*** Opening of Input data ***
-- ===== src/Vram/Book/Granted.antt =====
-- The two ends of `grant_locked` of src/ovram.c, and that each call that may grant keeps the slots.
use omniserve_native.Prelude.{
  ℕ, suc, ◌≤◌, ◌<◌, ◌≡◌, refl, sym, ap, ◌∙◌, ◌⊎◌, inl, inr, Bool, false, ◌||◌, List, [], ◌∷◌,
  Option, some, arith, Bool-cases, Option-cases, get_elem?, ltb, ◌==◌,
}
use mathlib.Core.Option.{some-injective}
use omniserve_native.Floats.{DoubleOps}
use omniserve_native.Vram.{Lease, Vram, or_anon}
use omniserve_native.Vram.Grant.{Answer, amount, free_slot, grant_locked, grant_at, lease_id}

module _ (F : DoubleOps) where
  open F use {Double}

  free_slot_lem :
      (ls : List (Lease F)) (i : ℕ)
      → free_slot F ls ≡ some i
      → (x : Lease F) × (get_elem? ls i ≡ some x) × (x.active ≡ false)
  unfolding free_slot
  free_slot_lem [] i e = cc
  free_slot_lem (l ∷ ls) i e = elim (Bool-cases l.active) [
    | inr off ↦
        let here : some 0 ≡ some i = rw (off, free_slot) at e in
        let at : 0 ≡ i = some-injective 0 i here in (l, sym (ap (get_elem? (l ∷ ls)) at), off)
    | inl on ↦ elim (Option-cases (free_slot F ls)) [
      | inl f ↦ let none_left = rw (on, f, free_slot) at e in cc
      | inr (k, f) ↦
          let there : some (suc k) ≡ some i = rw (on, f, free_slot) at e in
          let (x, at, off) = free_slot_lem ls k f in
          (x, sym (ap (get_elem? (l ∷ ls)) (some-injective (suc k) i there)) ∙ at, off)
    ]
  ]

  abbrev pub nothing : Vram F → Answer F
  nothing v = record { granted = 0; id = []; broker = v }

  abbrev pub placed : Vram F → List ℕ → ℕ → ℕ → ℕ → Double → Double → Bool → ℕ → ℕ → Answer F
  placed v owner pid mb tier ttl_s now_s force granted slot = record {
    granted = granted;
    id = lease_id v.next_id;
    broker = grant_at F v slot (or_anon owner) pid granted mb tier ttl_s now_s force;
  }

  -- Nothing is granted and the broker is as before, or a free slot gets the new lease.
  abbrev pub Ends : Vram F → List ℕ → ℕ → ℕ → ℕ → ℕ → Double → Double → Bool → ℕ → Answer F → Type 0
  Ends v owner pid mb min_mb tier ttl_s now_s force granted a =
      (a ≡ nothing v)
      ⊎ ((slot : ℕ) × (x : Lease F) × (get_elem? v.leases slot ≡ some x)
          × (x.active ≡ false)
          × (0 < granted)
          × (min_mb ≤ granted)
          × (a ≡ placed v owner pid mb tier ttl_s now_s force granted slot))

  pub grant_locked-Ends :
      (v : Vram F) (owner : List ℕ) (pid mb min_mb tier : ℕ) (ttl_s now_s : Double)
      (free : Option ℕ) (force : Bool)
      → Ends v owner pid mb min_mb tier ttl_s now_s force
          (amount F v mb tier free force)
          (grant_locked F v owner pid mb min_mb tier ttl_s now_s free force)
  unfolding grant_locked
  grant_locked-Ends v owner pid mb min_mb tier ttl_s now_s free force =
      elim (Bool-cases
        (ltb (amount F v mb tier free force) min_mb || amount F v mb tier free force == 0)) [
          | inl e ↦ inl (rw e refl)
          | inr e ↦ elim (Option-cases (free_slot F v.leases)) [
            | inl f ↦ inl (rw (e, f) refl)
            | inr (i, f) ↦
                let (x, at, off) = free_slot_lem v.leases i f in
                inr (i, x, at, off, ground arith, ground arith, rw (e, f) refl)
          ]
        ]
*** Close of Input data ***
**Action item:**
Return, word for word, every line from the top of the entries down to the line that holds "abbrev pub placed", both included.

**Response area:**
-- ===== src/Vram/Book/Granted.antt =====
-- The two ends of `grant_locked` of src/ovram.c, and that each call that may grant keeps the slots.
use omniserve_native.Prelude.{
  ℕ, suc, ◌≤◌, ◌<◌, ◌≡◌, refl, sym, ap, ◌∙◌, ◌⊎◌, inl, inr, Bool, false, ◌||◌, List, [], ◌∷◌,
  Option, some, arith, Bool-cases, Option-cases, get_elem?, ltb, ◌==◌,
}
use mathlib.Core.Option.{some-injective}
use omniserve_native.Floats.{DoubleOps}
use omniserve_native.Vram.{Lease, Vram, or_anon}
use omniserve_native.Vram.Grant.{Answer, amount, free_slot, grant_locked, grant_at, lease_id}

module _ (F : DoubleOps) where
  open F use {Double}

  free_slot_lem :
      (ls : List (Lease F)) (i : ℕ)
      → free_slot F ls ≡ some i
      → (x : Lease F) × (get_elem? ls i ≡ some x) × (x.active ≡ false)
  unfolding free_slot
  free_slot_lem [] i e = cc
  free_slot_lem (l ∷ ls) i e = elim (Bool-cases l.active) [
    | inr off ↦
        let here : some 0 ≡ some i = rw (off, free_slot) at e in
        let at : 0 ≡ i = some-injective 0 i here in (l, sym (ap (get_elem? (l ∷ ls)) at), off)
    | inl on ↦ elim (Option-cases (free_slot F ls)) [
      | inl f ↦ let none_left = rw (on, f, free_slot) at e in cc
      | inr (k, f) ↦
          let there : some (suc k) ≡ some i = rw (on, f, free_slot) at e in
          let (x, at, off) = free_slot_lem ls k f in
          (x, sym (ap (get_elem? (l ∷ ls)) (some-injective (suc k) i there)) ∙ at, off)
    ]
  ]

  abbrev pub nothing : Vram F → Answer F
  nothing v = record { granted = 0; id = []; broker = v }

  abbrev pub placed : Vram F → List ℕ → ℕ → ℕ → ℕ → Double → Double → Bool → ℕ → ℕ → Answer F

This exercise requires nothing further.